Key insight
Microsoft offers three tools to build agents, arranged from simplest to most powerful. Agent Builder, inside Microsoft 365 Copilot itself, lets you describe an agent in natural language with no separate application needed. Copilot Studio is a managed, low-code platform with a drag-and-drop interface, prebuilt connectors, and built-in governance, suited to department-level solutions. The Microsoft 365 Agents Toolkit is a pro-code extension for Visual Studio or Visual Studio Code, giving developers full control, local testing, and proper continuous integration and deployment. Pick based on how much control the task genuinely needs.
The previous article established the fork between describing an agent and building one. This article is the practical follow-up: given that choice, which actual tool do you open? Microsoft provides three, and they line up neatly along a single axis, from the fastest and simplest to the most powerful and hands-on.
1 · Agent Builder: describe it, nothing to install
Agent Builder is a feature built directly into Microsoft 365 Copilot.
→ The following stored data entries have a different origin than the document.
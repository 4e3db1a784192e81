-- ===== src/Regex/Fuel.antt =====
-- The matcher's loops have fuel enough: a match never lengthens the text, and it shortens it by the
-- characters that its pattern takes at least, so that more rounds than the text is long find nothing more.
use mathlib.Core.List.{flat_map}
use invoice_ocr_poc.Base.{
  subst, ℕ, zero, suc, ◌+◌, ◌-◌, ◌≤◌, ◌<◌, Bool, true, false, Option, none, some, List, [], ◌∷◌,
  ◌++◌, ◌≡◌, refl, sym, ap, ap₂, length, leb, ltb, if◌then◌else◌, arith, inl, inr, Bool-cases,
  Option-cases,
}
use invoice_ocr_poc.Strings.{Text}
use invoice_ocr_poc.Regex.{
  Regex, empty, at_start, at_end, at_edge, one, seq, alt, opt, star, capture, Place, step_one, take,
  loop, only_if, first_of_list, ends, find, captures_from, replace_from,
}

-- Each place of a list is at least `w` characters behind a text of `n`.
abbrev pub Within : ℕ → ℕ → List Place → Type 0
Within w n [] = Unit
Within w n (q ∷ qs) = (w + length q.rest ≤ n) × Within w n qs

Within-cat : (w n : ℕ) (ps qs : List Place) → Within w n ps → Within w n qs → Within w n (ps ++ qs)
Within-cat w n [] qs h k = k
Within-cat w n (p ∷ ps) qs h k = (h.0, Within-cat w n ps qs h.1 k)

Within-le : (v w m n : ℕ) (ps : List Place) → v + m ≤ w + n → Within w m ps → Within v n ps
Within-le v w m n [] le h = tt
Within-le v w m n (p ∷ ps) le h = (omega (arith, h.0, le), Within-le v w m n ps le h.1)

Within-flat_map :
    (v w n : ℕ) (f : Place → List Place) (ps : List Place)
    → Within v n ps
    → ((q : Place) → Within w (length q.rest) (f q))
    → Within (v + w) n (flat_map f ps)
unfolding flat_map
Within-flat_map v w n f [] h k = tt
Within-flat_map v w n f (p ∷ ps) h k =
    Within-cat (v + w) n (f p) (flat_map f ps)
      (Within-le (v + w) w (length p.rest) n (f p) (omega (arith, h.0)) (k p))
      (Within-flat_map v w n f ps h.1 k)

-- The least number of characters that a match takes.
abbrev pub width : Regex → ℕ
width empty = 0
width at_start = 0
width at_end = 0
width at_edge = 0
width (one test) = 1
width (seq r s) = width r + width s
width (alt r s) = if leb (width r) (width s) then width r else width s
width (opt r) = 0
width (star r) = 0
width (capture r) = width r

abbrev guarded : ℕ → (Place → List Place) → Place → Place → List Place
guarded n f p q = elim (ltb (length q.rest) (length p.rest)) [ true ↦ loop n f q | false ↦ [] ]

guards-Within :
    (n : ℕ) (f : Place → List Place) (p : Place)
    → ((q : Place) → Within 0 (length q.rest) (loop n f q))
    → (ps : List Place) → Within 0 (length p.rest) (flat_map (guarded n f p) ps)
unfolding flat_map
guards-Within n f p ih [] = tt
guards-Within n f p ih (q ∷ ps) =
    let rest = guards-Within n f p ih ps in
    Within-cat 0 (length p.rest) (guarded n f p q) (flat_map (guarded n f p) ps)
      (elim (Bool-cases (ltb (length q.rest) (length p.rest))) [
        | inl shorter ↦
            rw (guarded, shorter)
              (Within-le 0 0 (length q.rest) (length p.rest) (loop n f q) (ground arith) (ih q))
        | inr longer ↦ rw (guarded, longer) tt
      ])
      rest

loop-Within : (n : ℕ) (f : Place → List Place) (p : Place) → Within 0 (length p.rest) (loop n f p)
unfolding loop
loop-Within zero f p = (omega arith, tt)
loop-Within (suc n) f p =
    Within-cat 0 (length p.rest) (flat_map (guarded n f p) (f p)) (p ∷ [])
      (guards-Within n f p (λ q. loop-Within n f q) (f p)) (omega arith, tt)

-- More rounds than characters change nothing.
same_guards :
    (n m : ℕ) (f : Place → List Place) (p : Place)
    → ((q : Place) → length q.rest < length p.rest → loop n f q ≡ loop m f q)
    → (ps : List Place) → flat_map (guarded n f p) ps ≡ flat_map (guarded m f p) ps
unfolding flat_map
same_guards n m f p ih [] = refl
same_guards n m f p ih (q ∷ ps) =
    let rest = same_guards n m f p ih ps in
    let here : guarded n f p q ≡ guarded m f p q =
      elim (Bool-cases (ltb (length q.rest) (length p.rest))) [
        | inl shorter ↦ rw (guarded, shorter) (ih q (ground arith))
        | inr longer ↦ rw (guarded, longer) refl
      ] in
    ap₂ (λ a b. a ++ b) here rest

no_guards :
    (n : ℕ) (f : Place → List Place) (p : Place)
    → length p.rest ≤ 0
    → (ps : List Place) → flat_map (guarded n f p) ps ≡ []
unfolding flat_map
no_guards n f p h [] = refl
no_guards n f p h (q ∷ ps) =
    let none_shorter : ltb (length q.rest) (length p.rest) ≡ false = ground arith in
    rw (guarded, none_shorter) (no_guards n f p h ps)

loop_fuel :
    (n m : ℕ) (f : Place → List Place) (p : Place)
    → length p.rest ≤ n
    → length p.rest ≤ m
    → loop n f p ≡ loop m f p
unfolding loop
loop_fuel zero zero f p a b = refl
loop_fuel zero (suc m) f p a b = ap (λ ps. ps ++ p ∷ []) (sym (no_guards m f p a (f p)))
loop_fuel (suc n) zero f p a b = ap (λ ps. ps ++ p ∷ []) (no_guards n f p b (f p))
loop_fuel (suc n) (suc m) f p a b =
    ap (λ ps. ps ++ p ∷ [])
      (same_guards n m f p
        (λ q shorter. loop_fuel n m f q (omega (arith, shorter, a)) (omega (arith, shorter, b)))
        (f p))

step_one-Within :
    (test : ℕ → Bool) (prev : Option ℕ) (s captured : Text)
    → Within 1 (length s) (step_one test prev s captured)
unfolding step_one
step_one-Within test prev [] captured = tt
step_one-Within test prev (c ∷ s) captured = elim (Bool-cases (test c)) [
  | inl holds ↦ rw holds (omega arith, tt)
  | inr fails ↦ rw fails tt
]

only_if-Within : (b : Bool) (p : Place) → Within 0 (length p.rest) (only_if b p)
only_if-Within true p = (omega arith, tt)
only_if-Within false p = tt

-- A match takes at least the pattern's width.
ends-Within : (r : Regex) (p : Place) → Within (width r) (length p.rest) (ends r p)
unfolding ends
ends-Within empty p = (omega arith, tt)
ends-Within at_start p = only_if-Within _ p
ends-Within at_end p = only_if-Within _ p
ends-Within at_edge p = only_if-Within _ p
ends-Within (one test) p = step_one-Within test p.prev p.rest p.captured
ends-Within (seq r s) p =
    Within-flat_map (width r) (width s) (length p.rest) (ends s) (ends r p) (ends-Within r p)
      (ends-Within s)
ends-Within (alt r s) p =
    let least_left : width (alt r s) ≤ width r = ground arith in
    let least_right : width (alt r s) ≤ width s = ground arith in
    let n = length p.rest in
    Within-cat (width (alt r s)) n (ends r p) (ends s p)
      (Within-le (width (alt r s)) (width r) n n (ends r p) (omega arith) (ends-Within r p))
      (Within-le (width (alt r s)) (width s) n n (ends s p) (omega arith) (ends-Within s p))
ends-Within (opt r) p =
    Within-cat 0 (length p.rest) (ends r p) (p ∷ [])
      (Within-le 0 (width r) (length p.rest) (length p.rest) (ends r p) (omega arith)
        (ends-Within r p))
      (omega arith, tt)
ends-Within (star r) p = loop-Within (length p.rest) (ends r) p
ends-Within (capture r) p =
    let n = length p.rest in
    Within-le (width r) (width r + 0) n n (ends (capture r) p) (omega arith) (
      Within-flat_map (width r) 0 n
        (λ q. record q { captured = take (n - length q.rest) p.rest } ∷ []) (ends r p)
        (ends-Within r p) (λ q. (omega arith, tt)))

first-Within :
    (w n : ℕ) (ps : List Place) (q : Place)
    → Within w n ps
    → first_of_list ps ≡ some q
    → w + length q.rest ≤ n
first-Within w n [] q h found = absurd (cc found)
first-Within w n (p ∷ ps) q h found =
    let same : p ≡ q = cc found in subst (λ x. w + length x.rest ≤ n) same h.0

same_place :
    (a b : Text) (p q : Place) → ◌≡◌ {A = Option (Text × Place)} (some (a, p)) (some (b, q)) → p ≡ q
same_place a b p q h = ap (λ x. elim x [ none ↦ p | some found ↦ found.1 ]) h

-- What is found leaves a text that is shorter by the pattern's width, at least.
find-shortens :
    (r : Regex) (prev : Option ℕ) (s skipped : Text) (q : Place)
    → find r prev s ≡ some (skipped, q)
    → width r + length q.rest ≤ length s
unfolding find
find-shortens r prev [] skipped q found =
    let start : Place = record { prev = prev; rest = []; captured = [] } in
    elim (Option-cases (first_of_list (ends r start))) [
      | inl fails ↦ absurd (cc (rw (find, fails) at found))
      | inr (p, ends_at) ↦
          let same : p ≡ q = same_place [] skipped p q (rw (find, ends_at) at found) in
          first-Within (width r) 0 (ends r start) q (ends-Within r start) cc
    ]
find-shortens r prev (c ∷ s) skipped q found =
    let start : Place = record { prev = prev; rest = c ∷ s; captured = [] } in
    elim (Option-cases (first_of_list (ends r start))) [
      | inl fails ↦ elim (Option-cases (find r (some c) s)) [
        | inl nowhere ↦ absurd (cc (rw (find, fails, nowhere) at found))
        | inr ((before, p), later) ↦
            let same : p ≡ q =
              same_place (c ∷ before) skipped p q (rw (find, fails, later) at found) in
            let shorter = find-shortens r (some c) s before p later in
            let behind : width r + length q.rest ≤ length s =
              subst (λ x. width r + length x.rest ≤ length s) same shorter in
            omega (arith, behind)
      ]
      | inr (p, ends_at) ↦
          let same : p ≡ q = same_place [] skipped p q (rw (find, ends_at) at found) in
          first-Within (width r) (suc (length s)) (ends r start) q (ends-Within r start) cc
    ]

-- A pattern that takes a character finds nothing in an empty text.
find-nowhere :
    (r : Regex) (prev : Option ℕ) (s : Text) → 1 ≤ width r → length s ≤ 0 → find r prev s ≡ none
find-nowhere r prev s wide bare = elim (Option-cases (find r prev s)) [
  | inl nowhere ↦ nowhere
  | inr ((skipped, q), found) ↦
      let shorter = find-shortens r prev s skipped q found in
      absurd (omega (arith, wide, bare, shorter))
]

-- The captures of a pattern that takes a character are the same with any fuel that the text is not longer than.
pub captures_fuel :
    (n m : ℕ) (r : Regex) (prev : Option ℕ) (s : Text)
    → 1 ≤ width r
    → length s ≤ n
    → length s ≤ m
    → captures_from n r prev s ≡ captures_from m r prev s
unfolding captures_from
captures_fuel zero zero r prev s wide a b = refl
captures_fuel zero (suc m) r prev s wide a b = rw (captures_from, find-nowhere r prev s wide a) refl
captures_fuel (suc n) zero r prev s wide a b = rw (captures_from, find-nowhere r prev s wide b) refl
captures_fuel (suc n) (suc m) r prev s wide a b = elim (Option-cases (find r prev s)) [
  | inl nowhere ↦ rw (captures_from, nowhere) refl
  | inr ((skipped, q), found) ↦
      let shorter = find-shortens r prev s skipped q found in
      let rest =
        captures_fuel n m r q.prev q.rest wide (omega (arith, shorter, a, wide))
          (omega (arith, shorter, b, wide)) in
      rw (captures_from, found) (ap (λ cs. q.captured ∷ cs) rest)
]

-- And so is the text with all matches replaced.
pub replace_fuel :
    (n m : ℕ) (r : Regex) (new : Text) (prev : Option ℕ) (s : Text)
    → 1 ≤ width r
    → length s ≤ n
    → length s ≤ m
    → replace_from n r new prev s ≡ replace_from m r new prev s
unfolding replace_from
replace_fuel zero zero r new prev s wide a b = refl
replace_fuel zero (suc m) r new prev s wide a b =
    rw (replace_from, find-nowhere r prev s wide a) refl
replace_fuel (suc n) zero r new prev s wide a b =
    rw (replace_from, find-nowhere r prev s wide b) refl
replace_fuel (suc n) (suc m) r new prev s wide a b = elim (Option-cases (find r prev s)) [
  | inl nowhere ↦ rw (replace_from, nowhere) refl
  | inr ((skipped, q), found) ↦
      let shorter = find-shortens r prev s skipped q found in
      let rest =
        replace_fuel n m r new q.prev q.rest wide (omega (arith, shorter, a, wide))
          (omega (arith, shorter, b, wide)) in
      rw (replace_from, found) (ap (λ t. skipped ++ new ++ t) rest)
]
Choosing “new agent” offers three paths: describe your agent using natural language and let Copilot build it for you (the recommended approach), configure it manually through a dedicated tab, or start from a template built for a specific use case.
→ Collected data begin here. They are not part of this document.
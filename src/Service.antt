-- ===== src/Service.antt =====
-- Package internal/invoice (service.go): uploads, the three stages of a job, and what they share.
pub mod Types
pub mod Apply
pub mod Cascade
pub mod Judging
pub mod Stages
pub mod Uploads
There is no separate application to open and nothing to install. This makes Agent Builder the fastest possible route to a working declarative agent, ideal for one person solving their own everyday problem without involving a developer or an IT project.
2 · Copilot Studio: managed, drag-and-drop, department-scale
Microsoft Copilot Studio is a fully managed platform with a drag-and-drop interface, real control over business logic and workflow automation, and hundreds of prebuilt connectors for plugging into other services. Because it is fully managed, a business or IT team does not have to think about infrastructure, hosting, or the underlying plumbing — that is handled for them, along with built-in governance through the Power Platform.
Copilot Studio is designed for small-scale deployments such as department-level solutions, and it supports both declarative agents and, for more demanding needs, custom engine agents too. Its strength is a genuinely low-code experience with prebuilt governance already wired in; its trade-off is somewhat less fine-grained developer control than a full pro-code environment offers, and less mature source-control tooling than a dedicated development toolkit provides.
3 · The Agents Toolkit: the professional developer’s workbench
The Microsoft 365 Agents Toolkit is a pro-code extension for Visual Studio or Visual Studio Code. It gives developers full control over their coding environment, source control, and direct application-programming-interface integration, and it supports building both declarative and custom engine agents with advanced features: custom application-programming-interface actions, richly interactive Adaptive Cards, the Microsoft 365 Agents SDK, a local testing playground, and proper continuous integration and continuous delivery pipelines.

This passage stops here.